Task details:
Below are some records. Return exactly the lines from the one containing "quota_progress = 8_300;" through the one containing "is_pool = false;", both included, and only those.

Input material:
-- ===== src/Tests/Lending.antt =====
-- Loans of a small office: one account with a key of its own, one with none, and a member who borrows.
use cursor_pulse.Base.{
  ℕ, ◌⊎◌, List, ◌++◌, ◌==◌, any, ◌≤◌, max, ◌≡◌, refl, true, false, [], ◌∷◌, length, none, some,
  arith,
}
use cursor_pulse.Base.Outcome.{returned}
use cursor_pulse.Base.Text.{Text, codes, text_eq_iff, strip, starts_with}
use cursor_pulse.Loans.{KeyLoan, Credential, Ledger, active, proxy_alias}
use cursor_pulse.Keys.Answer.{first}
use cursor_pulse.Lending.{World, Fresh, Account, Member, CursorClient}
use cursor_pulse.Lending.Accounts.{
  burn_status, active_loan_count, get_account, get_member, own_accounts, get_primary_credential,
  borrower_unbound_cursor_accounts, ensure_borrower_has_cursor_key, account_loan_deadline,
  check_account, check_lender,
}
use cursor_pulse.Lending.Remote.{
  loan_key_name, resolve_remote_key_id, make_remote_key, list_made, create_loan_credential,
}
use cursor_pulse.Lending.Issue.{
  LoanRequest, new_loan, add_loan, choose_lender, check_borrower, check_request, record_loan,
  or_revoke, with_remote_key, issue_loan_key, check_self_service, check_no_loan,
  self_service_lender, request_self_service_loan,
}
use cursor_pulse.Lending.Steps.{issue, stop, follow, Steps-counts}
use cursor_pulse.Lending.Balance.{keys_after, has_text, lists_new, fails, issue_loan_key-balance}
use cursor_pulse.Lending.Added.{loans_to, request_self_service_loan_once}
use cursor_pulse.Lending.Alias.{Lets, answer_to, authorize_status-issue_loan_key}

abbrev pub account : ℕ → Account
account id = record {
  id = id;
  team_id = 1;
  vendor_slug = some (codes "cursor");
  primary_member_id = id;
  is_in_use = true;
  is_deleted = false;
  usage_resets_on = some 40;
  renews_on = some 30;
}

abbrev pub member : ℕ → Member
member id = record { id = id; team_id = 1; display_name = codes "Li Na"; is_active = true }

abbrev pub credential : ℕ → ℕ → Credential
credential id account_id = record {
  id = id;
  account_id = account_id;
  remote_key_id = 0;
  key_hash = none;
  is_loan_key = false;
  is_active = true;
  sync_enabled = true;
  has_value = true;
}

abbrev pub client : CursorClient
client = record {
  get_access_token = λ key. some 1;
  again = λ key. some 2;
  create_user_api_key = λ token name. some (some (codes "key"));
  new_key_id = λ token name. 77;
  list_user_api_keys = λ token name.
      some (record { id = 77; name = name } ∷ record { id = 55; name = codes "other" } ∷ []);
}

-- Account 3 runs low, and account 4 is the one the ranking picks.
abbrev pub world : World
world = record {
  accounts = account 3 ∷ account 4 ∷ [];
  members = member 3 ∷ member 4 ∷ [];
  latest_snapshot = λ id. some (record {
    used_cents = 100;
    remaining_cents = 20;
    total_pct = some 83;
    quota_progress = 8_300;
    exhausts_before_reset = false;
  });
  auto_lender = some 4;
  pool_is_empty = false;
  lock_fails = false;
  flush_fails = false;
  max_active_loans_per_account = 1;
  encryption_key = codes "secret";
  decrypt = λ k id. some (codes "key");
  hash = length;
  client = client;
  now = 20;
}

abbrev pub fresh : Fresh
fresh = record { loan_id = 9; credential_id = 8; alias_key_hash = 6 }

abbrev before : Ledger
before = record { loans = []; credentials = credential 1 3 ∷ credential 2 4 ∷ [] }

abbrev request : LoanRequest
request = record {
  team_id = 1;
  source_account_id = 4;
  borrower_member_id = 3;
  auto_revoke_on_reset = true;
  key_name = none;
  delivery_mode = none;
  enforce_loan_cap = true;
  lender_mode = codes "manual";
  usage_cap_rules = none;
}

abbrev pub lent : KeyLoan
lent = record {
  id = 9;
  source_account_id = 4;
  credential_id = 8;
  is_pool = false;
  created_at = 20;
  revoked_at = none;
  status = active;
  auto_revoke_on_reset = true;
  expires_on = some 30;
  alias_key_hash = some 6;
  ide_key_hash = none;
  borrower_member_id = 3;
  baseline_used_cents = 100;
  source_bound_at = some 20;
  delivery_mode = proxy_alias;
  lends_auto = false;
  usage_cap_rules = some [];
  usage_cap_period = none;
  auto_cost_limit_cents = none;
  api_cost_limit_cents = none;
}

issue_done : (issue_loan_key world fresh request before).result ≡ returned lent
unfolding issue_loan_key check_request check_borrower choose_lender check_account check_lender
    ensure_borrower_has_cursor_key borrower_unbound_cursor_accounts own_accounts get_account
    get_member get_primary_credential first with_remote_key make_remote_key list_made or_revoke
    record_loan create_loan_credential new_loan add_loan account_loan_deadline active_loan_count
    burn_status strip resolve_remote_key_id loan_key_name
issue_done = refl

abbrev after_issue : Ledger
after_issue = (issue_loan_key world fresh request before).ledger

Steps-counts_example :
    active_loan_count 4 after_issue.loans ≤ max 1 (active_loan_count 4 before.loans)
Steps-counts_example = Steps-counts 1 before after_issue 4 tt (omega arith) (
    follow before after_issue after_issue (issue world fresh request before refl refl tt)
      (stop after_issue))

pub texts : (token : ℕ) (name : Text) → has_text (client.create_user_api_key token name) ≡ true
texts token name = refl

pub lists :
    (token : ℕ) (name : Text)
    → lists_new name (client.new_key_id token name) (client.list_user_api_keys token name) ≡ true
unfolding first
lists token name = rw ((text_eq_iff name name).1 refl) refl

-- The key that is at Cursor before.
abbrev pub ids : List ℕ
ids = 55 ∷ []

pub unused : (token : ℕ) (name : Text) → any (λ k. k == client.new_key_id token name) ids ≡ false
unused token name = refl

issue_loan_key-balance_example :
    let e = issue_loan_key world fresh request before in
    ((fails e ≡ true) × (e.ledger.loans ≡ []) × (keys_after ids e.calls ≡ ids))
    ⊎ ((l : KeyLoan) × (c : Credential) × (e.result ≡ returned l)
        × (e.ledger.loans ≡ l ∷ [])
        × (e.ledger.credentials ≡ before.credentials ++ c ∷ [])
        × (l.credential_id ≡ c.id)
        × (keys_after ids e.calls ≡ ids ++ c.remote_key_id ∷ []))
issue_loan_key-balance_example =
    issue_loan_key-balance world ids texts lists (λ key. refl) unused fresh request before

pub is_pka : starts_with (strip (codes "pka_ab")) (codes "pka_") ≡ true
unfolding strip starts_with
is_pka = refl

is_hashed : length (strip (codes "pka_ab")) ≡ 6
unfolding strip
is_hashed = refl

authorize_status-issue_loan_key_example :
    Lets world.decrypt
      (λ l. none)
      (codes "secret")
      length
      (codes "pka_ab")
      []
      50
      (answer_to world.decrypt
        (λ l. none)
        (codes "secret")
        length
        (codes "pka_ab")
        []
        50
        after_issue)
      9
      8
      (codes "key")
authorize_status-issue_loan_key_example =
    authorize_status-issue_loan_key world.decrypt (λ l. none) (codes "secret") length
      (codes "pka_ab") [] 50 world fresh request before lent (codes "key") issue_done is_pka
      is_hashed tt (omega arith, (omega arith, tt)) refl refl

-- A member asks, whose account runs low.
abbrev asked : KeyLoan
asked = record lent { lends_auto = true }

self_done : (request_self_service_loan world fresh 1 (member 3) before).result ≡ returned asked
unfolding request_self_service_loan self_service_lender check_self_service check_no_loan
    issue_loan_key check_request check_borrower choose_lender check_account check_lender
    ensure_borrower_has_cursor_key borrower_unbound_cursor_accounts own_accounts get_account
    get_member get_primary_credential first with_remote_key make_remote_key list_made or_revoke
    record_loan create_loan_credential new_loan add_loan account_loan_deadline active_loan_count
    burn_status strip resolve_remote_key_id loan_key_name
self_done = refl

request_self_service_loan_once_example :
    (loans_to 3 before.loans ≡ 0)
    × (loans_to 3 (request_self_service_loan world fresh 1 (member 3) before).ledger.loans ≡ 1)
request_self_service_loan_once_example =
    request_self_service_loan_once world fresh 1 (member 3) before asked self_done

Problem solution:
    quota_progress = 8_300;
    exhausts_before_reset = false;
  });
  auto_lender = some 4;
  pool_is_empty = false;
  lock_fails = false;
  flush_fails = false;
  max_active_loans_per_account = 1;
  encryption_key = codes "secret";
  decrypt = λ k id. some (codes "key");
  hash = length;
  client = client;
  now = 20;
}

abbrev pub fresh : Fresh
fresh = record { loan_id = 9; credential_id = 8; alias_key_hash = 6 }

abbrev before : Ledger
before = record { loans = []; credentials = credential 1 3 ∷ credential 2 4 ∷ [] }

abbrev request : LoanRequest
request = record {
  team_id = 1;
  source_account_id = 4;
  borrower_member_id = 3;
  auto_revoke_on_reset = true;
  key_name = none;
  delivery_mode = none;
  enforce_loan_cap = true;
  lender_mode = codes "manual";
  usage_cap_rules = none;
}

abbrev pub lent : KeyLoan
lent = record {
  id = 9;
  source_account_id = 4;
  credential_id = 8;
  is_pool = false;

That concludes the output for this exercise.